At that scale you can start checking valence, targeting, impact. It’s easy enough for a network analysis to show whether certain material is starting fights for example, and stuff that starts fights can be rated up. You can find what shares well and produces cynicism in rural counties if you want. Facebook’s staff will even help you with some of that.

In short, the social media audience becomes one big training pool for your clickbait or disinfo machine. And since there is enough information from the human training to model what humans click on, that process can be amplified via generative adversarial networks, just like with our tables.

It doesn’t stop there. The actual articles can be written by ML, with their opening grafs adjusted for maximum impact. Videos can be automatically generated off of popular articles and flood YouTube.

Even the bots can get less distinguishable.

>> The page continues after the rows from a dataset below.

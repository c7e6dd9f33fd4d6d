-- ===== src/Driver/Export/Mapped.antt =====
-- Which interface a mode switch finds for one that is exported through a transmission.
use soem_driver_ros.Base.{
  or_else, or_else_assoc, or_else-none, ◌≡◌, refl, sym, ap, ◌∙◌, Option-cases, inl, inr, List, [],
  ◌∷◌, ◌++◌, Option, none, some, arith, Text, codes, text_eq, Dict, lookup, assign, lookup-assign,
  or_default, if◌then◌else◌,
}
use soem_driver_ros.Slave.{Handle}
use soem_driver_ros.Driver.Modes.{map_interface}
use soem_driver_ros.Driver.Export.{TransmissionInfo, map_proxies, map_joints}

-- The full name of the interface that stands for one behind a transmission.
abbrev pub proxy_name : TransmissionInfo → Handle → Text
proxy_name info h = info.joint_name ++ (codes "/" ++ h.interface_name)

module _ (get_name : Handle → Text) (name : Text) where
  -- The last of some interfaces whose proxy has a name.
  unfoldable pub last_proxy : TransmissionInfo → List Handle → Option Text
  last_proxy info [] = none
  last_proxy info (h ∷ hs) =
      or_else (last_proxy info hs)
        (if text_eq (proxy_name info h) name then some (get_name h) else none)

  map_proxies-lookup :
      (info : TransmissionInfo) (interfaces : List Handle) (m : Dict Text)
      → lookup name (map_proxies get_name info interfaces m)
        ≡ or_else (last_proxy info interfaces) (lookup name m)
  unfolding map_proxies last_proxy
  map_proxies-lookup info [] m = refl
  map_proxies-lookup info (h ∷ hs) m =
      map_proxies-lookup info hs (assign (proxy_name info h) (get_name h) m)
      ∙ ap (or_else (last_proxy info hs))
          (lookup-assign (proxy_name info h) name (get_name h) m ∙ ground arith)
      ∙ sym (or_else_assoc (last_proxy info hs) _ (lookup name m))

  module _ (transmissions : Dict TransmissionInfo) where
    -- The last over the joints that have a transmission.
    unfoldable pub last_proxied : Dict (List Handle) → Option Text
    unfolding last_proxy
    last_proxied [] = none
    last_proxied ((joint, interfaces) ∷ joints) =
        or_else (last_proxied joints) (elim (lookup joint transmissions) [
          | none ↦ none
          | some info ↦ last_proxy info interfaces
        ])

    map_joints-lookup :
        (joints : Dict (List Handle)) (m : Dict Text)
        → lookup name (map_joints transmissions get_name joints m)
          ≡ or_else (last_proxied joints) (lookup name m)
    unfolding map_joints last_proxied
    map_joints-lookup [] m = refl
    map_joints-lookup ((joint, interfaces) ∷ joints) m =
        elim (Option-cases (lookup joint transmissions)) [
          | inl missing ↦
              rw (missing, map_joints, last_proxied)
                (map_joints-lookup joints m
                  ∙ sym (ap (λ o. or_else o (lookup name m)) (or_else-none (last_proxied joints))))
          | inr (info, found) ↦
              rw (found, map_joints, last_proxied)
                (map_joints-lookup joints (map_proxies get_name info interfaces m)
                  ∙ ap (or_else (last_proxied joints)) (map_proxies-lookup info interfaces m)
                  ∙ sym (or_else_assoc (last_proxied joints) _ (lookup name m)))
        ]

    -- A mode switch maps a name to the slave's interface behind the last proxy of that name that was
    -- exported, and leaves a name that no proxy has.
    pub map_interface-map_joints :
        (joints : Dict (List Handle))
        → map_interface (map_joints transmissions get_name joints []) name
          ≡ or_default name (last_proxied joints)
    unfolding map_interface lookup
    map_interface-map_joints joints =
        ground (arith, map_joints-lookup joints [], or_else-none (last_proxied joints))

An article in the New York Times today details the work being done in ML face generation, where believable fake faces are generated. Right now the process is slow, partially because it relies solely on GAN, and because it’s processor intensive. But imagine generating out a 1,000 fake faces for your bot avatars and tracking which ones get the most shares, then regenerating a thousand more based on that and updating. Or even easier, autogenerating and re-generating user bios.

You don’t even need to hand-grow the faces, as with the NYT article. You could generate 1.000 morphs, or combos of existing faces.

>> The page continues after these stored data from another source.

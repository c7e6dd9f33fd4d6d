-- ===== src/Driver/Export/Slots.antt =====
-- Which values the exported interfaces of transmissions use.
use soem_driver_ros.Base.{
  ℕ, zero, suc, ◌+◌, ◌*◌, ◌≡◌, refl, sym, ap, ◌∙◌, Option-cases, inl, inr, List, [], ◌∷◌, ◌++◌,
  length, map, append-nil, append_assoc, arith, Text, Dict, lookup, is_some, if◌then◌else◌,
}
use soem_driver_ros.Slave.{Handle}
use soem_driver_ros.Claims.Resolve.{make_interface}
use soem_driver_ros.Driver.Export.{
  TransmissionInfo, ConfigureCall, Exports, no_exports, proxies, aliases, values_count,
  export_joint, export_joints,
}

-- The addresses of n elements of eight bytes, from an index on.
abbrev pub addresses : ℕ → ℕ → ℕ → List ℕ
addresses values i zero = []
addresses values i (suc n) = (values + 8 * i) ∷ addresses values (suc i) n

-- The addresses of the joint handles that transmissions are configured with.
abbrev pub handed : List ConfigureCall → List ℕ
handed [] = []
handed (c ∷ cs) = map (λ h. h.value_ptr) c.joint_handles ++ handed cs

addresses_add :
    (values i n k t j : ℕ)
    → t ≡ n + k
    → j ≡ i + n
    → addresses values i t ≡ addresses values i n ++ addresses values j k
addresses_add values i zero k t j e f =
    let t_eq : t ≡ k = omega (arith, e) in
    let j_eq : j ≡ i = omega (arith, f) in rw (t_eq, j_eq) refl
addresses_add values i (suc n) k zero j e f = absurd (omega (arith, e))
addresses_add values i (suc n) k (suc t) j e f =
    ap (λ l. (values + 8 * i) ∷ l)
      (addresses_add values (suc i) n k t j (omega (arith, e)) (omega (arith, f)))

handed-append : (xs ys : List ConfigureCall) → handed (xs ++ ys) ≡ handed xs ++ handed ys
handed-append [] ys = refl
handed-append (x ∷ xs) ys =
    ap (λ l. map (λ h. h.value_ptr) x.joint_handles ++ l) (handed-append xs ys)
    ∙ sym (append_assoc (map (λ h. h.value_ptr) x.joint_handles) (handed xs) (handed ys))

aliases-proxies :
    (values i : ℕ) (info : TransmissionInfo) (interfaces : List Handle)
    → map (λ h. h.value_ptr) (aliases info.joint_name (proxies values info i interfaces))
      ≡ addresses values i (length interfaces)
unfolding proxies make_interface
aliases-proxies values i info [] = refl
aliases-proxies values i info (h ∷ hs) =
    ap (λ l. (values + 8 * i) ∷ l) (aliases-proxies values (suc i) info hs)

module _ (transmissions : Dict TransmissionInfo) where
  -- The values that a joint uses.
  abbrev pub joint_count : Text → List Handle → ℕ
  joint_count name interfaces = if is_some (lookup name transmissions) then length interfaces else 0

  export_joint-handed :
      (values : ℕ) (name : Text) (interfaces : List Handle) (e : Exports)
      → (handed (export_joint transmissions values name interfaces e).configured
          ≡ handed e.configured ++ addresses values e.iterator (joint_count name interfaces))
        × ((export_joint transmissions values name interfaces e).iterator
            ≡ e.iterator + joint_count name interfaces)
  unfolding export_joint
  export_joint-handed values name interfaces e = elim (Option-cases (lookup name transmissions)) [
    | inl missing ↦ rw (missing, export_joint) (sym (append-nil (handed e.configured)), omega arith)
    | inr (info, found) ↦
        rw (found, export_joint)
          (
            handed-append e.configured _
                ∙ ap (λ l. handed e.configured ++ l)
                    (append-nil _ ∙ aliases-proxies values e.iterator info interfaces),
            refl,
          )
  ]

  export_joints-handed :
      (values : ℕ) (joints : Dict (List Handle)) (e : Exports)
      → (handed (export_joints transmissions values joints e).configured
          ≡ handed e.configured ++ addresses values e.iterator (values_count transmissions joints))
        × ((export_joints transmissions values joints e).iterator
            ≡ e.iterator + values_count transmissions joints)
  unfolding export_joints values_count
  export_joints-handed values [] e = (sym (append-nil (handed e.configured)), omega arith)
  export_joints-handed values ((name, interfaces) ∷ joints) e =
      let e' = export_joint transmissions values name interfaces e in
      let step = export_joint-handed values name interfaces e in
      let rest = export_joints-handed values joints e' in
      let count = joint_count name interfaces in
      let later = values_count transmissions joints in
      (
        rest.0
            ∙ ap (λ l. l ++ addresses values e'.iterator later) step.0
            ∙ append_assoc (handed e.configured) (addresses values e.iterator count) _
            ∙ ap (λ l. handed e.configured ++ l)
                (sym (
                  addresses_add values e.iterator count later (count + later) e'.iterator refl
                    step.1)),
        omega (arith, rest.1, step.1),
      )

  -- The joint handles that the transmissions are configured with have, in the order of the joints and
  -- their interfaces, the addresses of the values from the first to the last that are reserved.
  pub export_joints-addresses :
      (values : ℕ) (joints : Dict (List Handle))
      → handed (export_joints transmissions values joints no_exports).configured
        ≡ addresses values 0 (values_count transmissions joints)
  export_joints-addresses values joints = (export_joints-handed values joints no_exports).0
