-- ===== src/Driver/Export/Tests.antt =====
-- Two joints, the second behind a transmission.
use soem_driver_ros.Base.{
  ℕ, ◌≡◌, ◌++◌, refl, true, List, [], ◌∷◌, Text, codes, Dict, lookup, text_eq,
}
use soem_driver_ros.Slave.{Handle}
use soem_driver_ros.Driver.Modes.{map_interface}
use soem_driver_ros.Driver.Export.{
  TransmissionInfo, no_exports, values_count, export_joints, map_joints,
}
use soem_driver_ros.Driver.Export.Slots.{handed, addresses, export_joints-addresses}
use soem_driver_ros.Driver.Export.Mapped.{last_proxied, map_interface-map_joints}

abbrev full_name : Handle → Text
full_name h = h.prefix_name ++ (codes "/" ++ h.interface_name)

abbrev handle : Text → Text → ℕ → Handle
handle prefix_name interface_name value_ptr = record {
  prefix_name = prefix_name;
  interface_name = interface_name;
  value_ptr = value_ptr;
}

abbrev joints : Dict (List Handle)
joints =
    (codes "a", handle (codes "drive") (codes "position") 100 ∷ [])
    ∷ (
      codes "b",
      handle (codes "drive") (codes "position") 200
          ∷ handle (codes "drive") (codes "effort") 208
          ∷ [],
    )
    ∷ []

abbrev transmissions : Dict TransmissionInfo
transmissions =
    (
      codes "b",
      record {
        joint_name = codes "arm";
        actuator_name = codes "b";
        state_loaded = true;
        command_loaded = true;
      },
    )
    ∷ []

exported_interfaces :
    (export_joints transmissions 1000 joints no_exports).interfaces
    ≡ handle (codes "a") (codes "position") 100
      ∷ handle (codes "arm") (codes "position") 1000
      ∷ handle (codes "arm") (codes "effort") 1008
      ∷ []
unfolding export_joints lookup text_eq
exported_interfaces = refl

export_joints-addresses_example :
    handed (export_joints transmissions 1000 joints no_exports).configured
    ≡ addresses 1000 0 (values_count transmissions joints)
export_joints-addresses_example = export_joints-addresses transmissions 1000 joints

map_interface-map_joints_example :
    map_interface (map_joints transmissions full_name joints []) (codes "arm/effort")
    ≡ codes "drive/effort"
unfolding last_proxied lookup text_eq
map_interface-map_joints_example =
    map_interface-map_joints full_name (codes "arm/effort") transmissions joints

Just as with the last wave of disinformation the first adopters of this stuff will be the clickbait farms, finding new and more effective means to get us to sites selling dietary supplements, or watch weird autogenerated YouTube videos. There will be a flood of low-information ML-based content. But from there it will be weaponized, and used to suppress speech and manipulate public opinion.

These different elements of ML-based gaming of the system have different ETAs, and I’m not saying all of this is imminent. Some of it is quite far off. But I am saying it is unavoidable. You have machine learning — which loves short and simple feedback loops — and you have social media, which has a business model and interface built around those loops. The two things fit together like a lock and a key. And once these two things come together it is likely to have a profoundly detrimental effect on online culture, and make our current mess seem quite primitive by comparison.